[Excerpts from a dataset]
-----
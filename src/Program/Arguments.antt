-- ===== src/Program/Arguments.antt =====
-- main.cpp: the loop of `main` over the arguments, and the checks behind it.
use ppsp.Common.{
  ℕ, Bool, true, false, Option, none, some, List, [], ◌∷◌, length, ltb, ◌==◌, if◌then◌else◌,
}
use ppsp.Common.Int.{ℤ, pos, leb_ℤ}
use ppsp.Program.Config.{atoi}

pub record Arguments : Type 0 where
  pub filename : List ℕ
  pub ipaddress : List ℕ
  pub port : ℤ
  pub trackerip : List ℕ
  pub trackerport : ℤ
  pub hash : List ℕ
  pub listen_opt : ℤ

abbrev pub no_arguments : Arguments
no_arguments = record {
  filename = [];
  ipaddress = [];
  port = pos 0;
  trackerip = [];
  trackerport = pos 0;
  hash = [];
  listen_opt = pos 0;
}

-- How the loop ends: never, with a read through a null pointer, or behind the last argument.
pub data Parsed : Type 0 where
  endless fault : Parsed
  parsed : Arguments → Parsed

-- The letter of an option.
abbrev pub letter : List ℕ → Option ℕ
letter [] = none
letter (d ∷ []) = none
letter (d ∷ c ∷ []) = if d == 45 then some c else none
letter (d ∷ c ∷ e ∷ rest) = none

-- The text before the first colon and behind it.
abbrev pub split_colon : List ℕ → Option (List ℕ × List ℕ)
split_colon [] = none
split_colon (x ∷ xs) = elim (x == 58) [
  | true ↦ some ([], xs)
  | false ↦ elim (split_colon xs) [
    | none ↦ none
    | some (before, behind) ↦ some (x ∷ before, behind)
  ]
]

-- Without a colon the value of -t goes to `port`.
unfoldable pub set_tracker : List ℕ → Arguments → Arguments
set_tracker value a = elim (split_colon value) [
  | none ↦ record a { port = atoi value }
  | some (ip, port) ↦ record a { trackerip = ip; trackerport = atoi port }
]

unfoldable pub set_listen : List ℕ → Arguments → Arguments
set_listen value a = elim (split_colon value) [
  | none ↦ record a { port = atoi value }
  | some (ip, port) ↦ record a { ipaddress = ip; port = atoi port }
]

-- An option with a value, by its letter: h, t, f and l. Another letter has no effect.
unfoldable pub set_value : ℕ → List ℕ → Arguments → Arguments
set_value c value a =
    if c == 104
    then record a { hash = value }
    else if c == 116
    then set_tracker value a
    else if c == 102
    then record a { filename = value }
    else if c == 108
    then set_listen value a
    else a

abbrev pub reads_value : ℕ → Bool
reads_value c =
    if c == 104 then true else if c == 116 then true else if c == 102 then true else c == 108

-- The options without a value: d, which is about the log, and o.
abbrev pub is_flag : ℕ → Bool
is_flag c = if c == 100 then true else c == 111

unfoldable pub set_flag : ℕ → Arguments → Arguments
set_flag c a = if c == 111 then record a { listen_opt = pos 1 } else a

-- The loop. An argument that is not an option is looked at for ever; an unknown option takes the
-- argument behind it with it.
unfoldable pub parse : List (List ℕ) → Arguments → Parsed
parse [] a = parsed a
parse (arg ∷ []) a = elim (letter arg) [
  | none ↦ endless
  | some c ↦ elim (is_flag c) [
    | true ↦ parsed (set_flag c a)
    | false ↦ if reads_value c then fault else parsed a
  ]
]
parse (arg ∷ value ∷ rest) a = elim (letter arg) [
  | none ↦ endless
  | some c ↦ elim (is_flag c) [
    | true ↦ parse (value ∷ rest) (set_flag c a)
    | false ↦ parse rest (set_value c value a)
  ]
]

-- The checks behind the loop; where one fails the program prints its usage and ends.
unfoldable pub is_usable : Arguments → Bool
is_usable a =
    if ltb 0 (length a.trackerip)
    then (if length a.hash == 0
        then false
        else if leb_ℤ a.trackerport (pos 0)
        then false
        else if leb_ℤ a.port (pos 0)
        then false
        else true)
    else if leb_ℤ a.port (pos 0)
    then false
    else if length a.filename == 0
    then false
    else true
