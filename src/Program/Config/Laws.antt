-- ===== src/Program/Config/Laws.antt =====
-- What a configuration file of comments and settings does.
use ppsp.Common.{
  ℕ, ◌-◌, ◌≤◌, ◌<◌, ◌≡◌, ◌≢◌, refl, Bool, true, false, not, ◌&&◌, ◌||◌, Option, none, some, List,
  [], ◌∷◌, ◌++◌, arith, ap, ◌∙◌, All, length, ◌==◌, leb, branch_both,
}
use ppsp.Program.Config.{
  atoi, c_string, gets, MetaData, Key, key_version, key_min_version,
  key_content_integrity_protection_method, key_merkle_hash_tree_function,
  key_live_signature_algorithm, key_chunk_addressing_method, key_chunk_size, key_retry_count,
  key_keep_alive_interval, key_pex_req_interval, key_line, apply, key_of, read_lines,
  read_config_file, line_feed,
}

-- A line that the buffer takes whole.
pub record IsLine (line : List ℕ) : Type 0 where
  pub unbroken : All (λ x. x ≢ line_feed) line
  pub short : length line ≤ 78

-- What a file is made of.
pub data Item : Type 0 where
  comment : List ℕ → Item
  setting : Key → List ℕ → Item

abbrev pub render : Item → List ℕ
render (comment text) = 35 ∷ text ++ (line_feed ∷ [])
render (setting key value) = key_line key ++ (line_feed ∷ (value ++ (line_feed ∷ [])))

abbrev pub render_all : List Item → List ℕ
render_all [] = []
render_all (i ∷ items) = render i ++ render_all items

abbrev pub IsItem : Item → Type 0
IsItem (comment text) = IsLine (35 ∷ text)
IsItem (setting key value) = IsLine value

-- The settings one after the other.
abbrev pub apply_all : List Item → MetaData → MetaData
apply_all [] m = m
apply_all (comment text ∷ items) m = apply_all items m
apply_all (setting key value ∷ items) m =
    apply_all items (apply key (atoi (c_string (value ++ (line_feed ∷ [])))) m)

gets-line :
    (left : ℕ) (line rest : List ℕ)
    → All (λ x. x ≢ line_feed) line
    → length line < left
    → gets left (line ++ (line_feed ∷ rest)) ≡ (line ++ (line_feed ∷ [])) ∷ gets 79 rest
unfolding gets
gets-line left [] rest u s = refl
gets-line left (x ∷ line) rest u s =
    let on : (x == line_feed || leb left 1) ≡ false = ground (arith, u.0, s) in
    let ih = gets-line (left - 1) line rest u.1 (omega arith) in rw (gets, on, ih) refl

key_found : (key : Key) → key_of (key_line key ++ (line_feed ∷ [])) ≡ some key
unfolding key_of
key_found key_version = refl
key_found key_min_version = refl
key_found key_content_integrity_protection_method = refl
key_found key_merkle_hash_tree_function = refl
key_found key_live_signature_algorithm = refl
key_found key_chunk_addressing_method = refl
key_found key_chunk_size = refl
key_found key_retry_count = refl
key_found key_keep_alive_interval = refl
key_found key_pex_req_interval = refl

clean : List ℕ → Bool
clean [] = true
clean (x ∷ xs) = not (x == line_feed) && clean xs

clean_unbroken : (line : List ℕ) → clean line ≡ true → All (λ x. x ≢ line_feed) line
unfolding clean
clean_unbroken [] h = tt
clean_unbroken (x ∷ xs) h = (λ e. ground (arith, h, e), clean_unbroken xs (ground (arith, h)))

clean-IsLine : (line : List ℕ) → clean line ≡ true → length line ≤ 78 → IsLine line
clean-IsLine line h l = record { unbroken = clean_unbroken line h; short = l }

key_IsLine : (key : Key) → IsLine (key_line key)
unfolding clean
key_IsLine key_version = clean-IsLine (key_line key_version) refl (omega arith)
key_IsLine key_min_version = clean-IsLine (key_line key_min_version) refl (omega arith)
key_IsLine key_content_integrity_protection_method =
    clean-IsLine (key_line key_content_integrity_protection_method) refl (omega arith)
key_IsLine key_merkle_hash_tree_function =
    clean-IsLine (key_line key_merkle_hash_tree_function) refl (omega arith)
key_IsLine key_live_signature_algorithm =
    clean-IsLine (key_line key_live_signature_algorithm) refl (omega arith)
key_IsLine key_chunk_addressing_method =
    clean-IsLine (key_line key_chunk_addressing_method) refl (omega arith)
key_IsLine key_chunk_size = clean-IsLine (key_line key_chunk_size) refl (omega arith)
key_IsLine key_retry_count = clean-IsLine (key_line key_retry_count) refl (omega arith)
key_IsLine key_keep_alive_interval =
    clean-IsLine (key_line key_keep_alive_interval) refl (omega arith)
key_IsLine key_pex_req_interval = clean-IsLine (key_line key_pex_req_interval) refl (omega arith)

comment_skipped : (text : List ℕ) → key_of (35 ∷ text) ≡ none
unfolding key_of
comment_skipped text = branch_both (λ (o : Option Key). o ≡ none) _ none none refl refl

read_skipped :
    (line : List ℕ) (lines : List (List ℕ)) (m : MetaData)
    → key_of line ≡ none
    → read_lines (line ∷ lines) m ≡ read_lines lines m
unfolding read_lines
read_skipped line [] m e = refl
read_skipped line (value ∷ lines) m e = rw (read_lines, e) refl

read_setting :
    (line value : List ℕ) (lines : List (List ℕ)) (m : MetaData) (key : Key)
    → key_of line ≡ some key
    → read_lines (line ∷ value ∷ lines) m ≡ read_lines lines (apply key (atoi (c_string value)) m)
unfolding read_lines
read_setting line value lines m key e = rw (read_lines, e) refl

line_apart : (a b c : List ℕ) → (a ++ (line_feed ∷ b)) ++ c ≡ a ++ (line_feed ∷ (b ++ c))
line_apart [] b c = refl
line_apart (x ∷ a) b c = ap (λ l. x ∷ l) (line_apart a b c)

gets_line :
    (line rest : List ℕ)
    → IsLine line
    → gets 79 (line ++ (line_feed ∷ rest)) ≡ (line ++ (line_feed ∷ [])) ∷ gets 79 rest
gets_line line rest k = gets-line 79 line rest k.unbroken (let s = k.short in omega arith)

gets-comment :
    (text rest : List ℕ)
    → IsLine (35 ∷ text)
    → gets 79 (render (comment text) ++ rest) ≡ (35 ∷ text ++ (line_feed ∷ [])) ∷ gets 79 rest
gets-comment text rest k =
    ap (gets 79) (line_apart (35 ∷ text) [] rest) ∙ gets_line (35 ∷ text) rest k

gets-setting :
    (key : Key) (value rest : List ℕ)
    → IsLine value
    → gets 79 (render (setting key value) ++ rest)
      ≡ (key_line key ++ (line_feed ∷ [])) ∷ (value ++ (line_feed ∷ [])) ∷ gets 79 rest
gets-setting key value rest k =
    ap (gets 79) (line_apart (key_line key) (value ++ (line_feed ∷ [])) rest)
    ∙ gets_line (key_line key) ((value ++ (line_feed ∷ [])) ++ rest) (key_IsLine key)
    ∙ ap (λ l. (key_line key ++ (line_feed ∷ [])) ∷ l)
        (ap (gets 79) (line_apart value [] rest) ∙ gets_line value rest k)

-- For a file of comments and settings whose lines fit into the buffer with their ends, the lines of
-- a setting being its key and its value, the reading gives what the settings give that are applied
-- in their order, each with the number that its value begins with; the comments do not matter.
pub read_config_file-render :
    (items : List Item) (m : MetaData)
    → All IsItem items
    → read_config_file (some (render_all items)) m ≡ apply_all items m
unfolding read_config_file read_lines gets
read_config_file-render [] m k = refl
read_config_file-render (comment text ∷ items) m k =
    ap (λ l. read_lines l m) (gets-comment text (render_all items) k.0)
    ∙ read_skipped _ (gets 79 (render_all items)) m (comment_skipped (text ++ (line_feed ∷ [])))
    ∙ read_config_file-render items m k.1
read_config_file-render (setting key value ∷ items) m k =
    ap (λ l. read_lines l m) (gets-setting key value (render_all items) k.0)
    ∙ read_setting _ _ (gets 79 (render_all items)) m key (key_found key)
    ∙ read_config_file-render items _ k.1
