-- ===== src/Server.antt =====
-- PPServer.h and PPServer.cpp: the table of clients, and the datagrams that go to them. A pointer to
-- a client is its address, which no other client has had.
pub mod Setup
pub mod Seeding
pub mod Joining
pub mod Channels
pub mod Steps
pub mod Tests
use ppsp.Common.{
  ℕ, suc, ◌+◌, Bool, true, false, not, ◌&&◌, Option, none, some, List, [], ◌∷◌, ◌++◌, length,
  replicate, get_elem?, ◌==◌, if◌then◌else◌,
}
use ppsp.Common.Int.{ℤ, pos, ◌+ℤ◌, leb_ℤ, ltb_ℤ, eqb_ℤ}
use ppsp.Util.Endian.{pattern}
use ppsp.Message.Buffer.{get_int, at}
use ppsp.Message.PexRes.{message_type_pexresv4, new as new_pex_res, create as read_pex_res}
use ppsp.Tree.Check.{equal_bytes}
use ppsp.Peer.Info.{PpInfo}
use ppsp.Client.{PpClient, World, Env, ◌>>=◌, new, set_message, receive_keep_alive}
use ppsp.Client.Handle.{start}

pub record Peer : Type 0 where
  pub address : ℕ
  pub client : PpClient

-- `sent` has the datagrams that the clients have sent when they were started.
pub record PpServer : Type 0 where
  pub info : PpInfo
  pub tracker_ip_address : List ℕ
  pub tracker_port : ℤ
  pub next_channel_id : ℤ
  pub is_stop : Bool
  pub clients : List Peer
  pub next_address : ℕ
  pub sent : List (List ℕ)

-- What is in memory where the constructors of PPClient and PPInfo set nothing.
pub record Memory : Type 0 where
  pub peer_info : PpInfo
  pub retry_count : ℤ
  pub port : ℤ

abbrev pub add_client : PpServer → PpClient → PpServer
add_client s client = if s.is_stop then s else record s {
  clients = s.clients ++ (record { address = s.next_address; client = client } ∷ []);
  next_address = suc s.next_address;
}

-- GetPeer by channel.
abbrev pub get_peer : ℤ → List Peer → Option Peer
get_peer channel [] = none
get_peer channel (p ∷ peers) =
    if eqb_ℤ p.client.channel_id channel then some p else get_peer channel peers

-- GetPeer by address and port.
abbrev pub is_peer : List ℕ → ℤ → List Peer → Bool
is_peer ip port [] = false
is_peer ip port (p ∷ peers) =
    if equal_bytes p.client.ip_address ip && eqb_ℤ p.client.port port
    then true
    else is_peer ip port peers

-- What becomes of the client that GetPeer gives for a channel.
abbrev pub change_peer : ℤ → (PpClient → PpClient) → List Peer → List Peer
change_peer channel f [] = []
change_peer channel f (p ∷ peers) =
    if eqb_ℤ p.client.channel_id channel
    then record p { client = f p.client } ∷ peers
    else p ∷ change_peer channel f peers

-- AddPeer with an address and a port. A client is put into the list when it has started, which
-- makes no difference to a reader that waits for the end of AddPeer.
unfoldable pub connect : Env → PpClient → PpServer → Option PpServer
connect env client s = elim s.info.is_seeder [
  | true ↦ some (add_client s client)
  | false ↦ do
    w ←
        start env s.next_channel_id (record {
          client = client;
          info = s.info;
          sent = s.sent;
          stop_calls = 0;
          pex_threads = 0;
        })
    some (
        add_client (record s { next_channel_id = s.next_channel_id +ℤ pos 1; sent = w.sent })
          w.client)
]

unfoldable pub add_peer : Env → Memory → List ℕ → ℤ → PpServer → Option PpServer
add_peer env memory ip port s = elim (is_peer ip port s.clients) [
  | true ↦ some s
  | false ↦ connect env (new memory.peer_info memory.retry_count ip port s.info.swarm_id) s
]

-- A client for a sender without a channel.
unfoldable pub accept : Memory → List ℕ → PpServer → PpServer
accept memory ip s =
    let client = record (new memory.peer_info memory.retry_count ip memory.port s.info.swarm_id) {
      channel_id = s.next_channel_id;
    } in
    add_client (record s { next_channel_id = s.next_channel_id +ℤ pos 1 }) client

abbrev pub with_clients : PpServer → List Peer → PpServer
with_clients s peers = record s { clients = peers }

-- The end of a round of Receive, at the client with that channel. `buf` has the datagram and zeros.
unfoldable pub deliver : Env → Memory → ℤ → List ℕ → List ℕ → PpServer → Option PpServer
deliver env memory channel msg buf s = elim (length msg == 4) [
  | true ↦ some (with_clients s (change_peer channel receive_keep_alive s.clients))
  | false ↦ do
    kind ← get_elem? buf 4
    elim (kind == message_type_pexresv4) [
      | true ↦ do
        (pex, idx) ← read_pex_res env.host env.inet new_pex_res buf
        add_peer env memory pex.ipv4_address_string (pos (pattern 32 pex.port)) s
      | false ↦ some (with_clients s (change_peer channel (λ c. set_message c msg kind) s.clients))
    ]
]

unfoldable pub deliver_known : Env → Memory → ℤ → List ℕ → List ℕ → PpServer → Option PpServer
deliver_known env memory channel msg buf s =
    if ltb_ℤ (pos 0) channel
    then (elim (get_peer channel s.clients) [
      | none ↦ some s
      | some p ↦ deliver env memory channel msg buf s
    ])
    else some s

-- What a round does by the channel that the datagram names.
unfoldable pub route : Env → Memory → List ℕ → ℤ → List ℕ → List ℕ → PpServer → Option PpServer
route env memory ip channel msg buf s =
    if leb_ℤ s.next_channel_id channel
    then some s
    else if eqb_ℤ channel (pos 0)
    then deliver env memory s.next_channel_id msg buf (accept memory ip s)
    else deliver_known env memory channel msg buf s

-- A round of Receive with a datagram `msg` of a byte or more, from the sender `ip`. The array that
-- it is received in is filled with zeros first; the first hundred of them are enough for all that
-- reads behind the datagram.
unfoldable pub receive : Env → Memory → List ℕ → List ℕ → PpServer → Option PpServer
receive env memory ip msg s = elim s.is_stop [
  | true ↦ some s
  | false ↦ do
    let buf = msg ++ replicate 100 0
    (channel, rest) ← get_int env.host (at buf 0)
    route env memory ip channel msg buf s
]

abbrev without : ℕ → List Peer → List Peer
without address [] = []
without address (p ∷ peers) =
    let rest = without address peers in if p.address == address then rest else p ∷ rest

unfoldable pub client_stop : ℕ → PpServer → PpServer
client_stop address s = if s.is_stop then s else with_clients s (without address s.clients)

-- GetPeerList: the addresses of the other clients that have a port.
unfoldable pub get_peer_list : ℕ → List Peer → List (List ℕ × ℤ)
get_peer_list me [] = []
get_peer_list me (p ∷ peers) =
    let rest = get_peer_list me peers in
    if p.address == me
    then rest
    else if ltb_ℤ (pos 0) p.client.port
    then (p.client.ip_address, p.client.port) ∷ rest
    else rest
-----
Requirement → Set down, exactly as they stand above, the lines starting with the line with "line_apart [] b c = refl" and going on through the line with "ap (λ l. read_lines l m) (gets-setting", and no others.

Exercise answer →
line_apart [] b c = refl
line_apart (x ∷ a) b c = ap (λ l. x ∷ l) (line_apart a b c)

gets_line :
    (line rest : List ℕ)
    → IsLine line
    → gets 79 (line ++ (line_feed ∷ rest)) ≡ (line ++ (line_feed ∷ [])) ∷ gets 79 rest
gets_line line rest k = gets-line 79 line rest k.unbroken (let s = k.short in omega arith)

gets-comment :
    (text rest : List ℕ)
    → IsLine (35 ∷ text)
    → gets 79 (render (comment text) ++ rest) ≡ (35 ∷ text ++ (line_feed ∷ [])) ∷ gets 79 rest
gets-comment text rest k =
    ap (gets 79) (line_apart (35 ∷ text) [] rest) ∙ gets_line (35 ∷ text) rest k

gets-setting :
    (key : Key) (value rest : List ℕ)
    → IsLine value
    → gets 79 (render (setting key value) ++ rest)
      ≡ (key_line key ++ (line_feed ∷ [])) ∷ (value ++ (line_feed ∷ [])) ∷ gets 79 rest
gets-setting key value rest k =
    ap (gets 79) (line_apart (key_line key) (value ++ (line_feed ∷ [])) rest)
    ∙ gets_line (key_line key) ((value ++ (line_feed ∷ [])) ++ rest) (key_IsLine key)
    ∙ ap (λ l. (key_line key ++ (line_feed ∷ [])) ∷ l)
        (ap (gets 79) (line_apart value [] rest) ∙ gets_line value rest k)

-- For a file of comments and settings whose lines fit into the buffer with their ends, the lines of
-- a setting being its key and its value, the reading gives what the settings give that are applied
-- in their order, each with the number that its value begins with; the comments do not matter.
pub read_config_file-render :
    (items : List Item) (m : MetaData)
    → All IsItem items
    → read_config_file (some (render_all items)) m ≡ apply_all items m
unfolding read_config_file read_lines gets
read_config_file-render [] m k = refl
read_config_file-render (comment text ∷ items) m k =
    ap (λ l. read_lines l m) (gets-comment text (render_all items) k.0)
    ∙ read_skipped _ (gets 79 (render_all items)) m (comment_skipped (text ++ (line_feed ∷ [])))
    ∙ read_config_file-render items m k.1
read_config_file-render (setting key value ∷ items) m k =
    ap (λ l. read_lines l m) (gets-setting key value (render_all items) k.0)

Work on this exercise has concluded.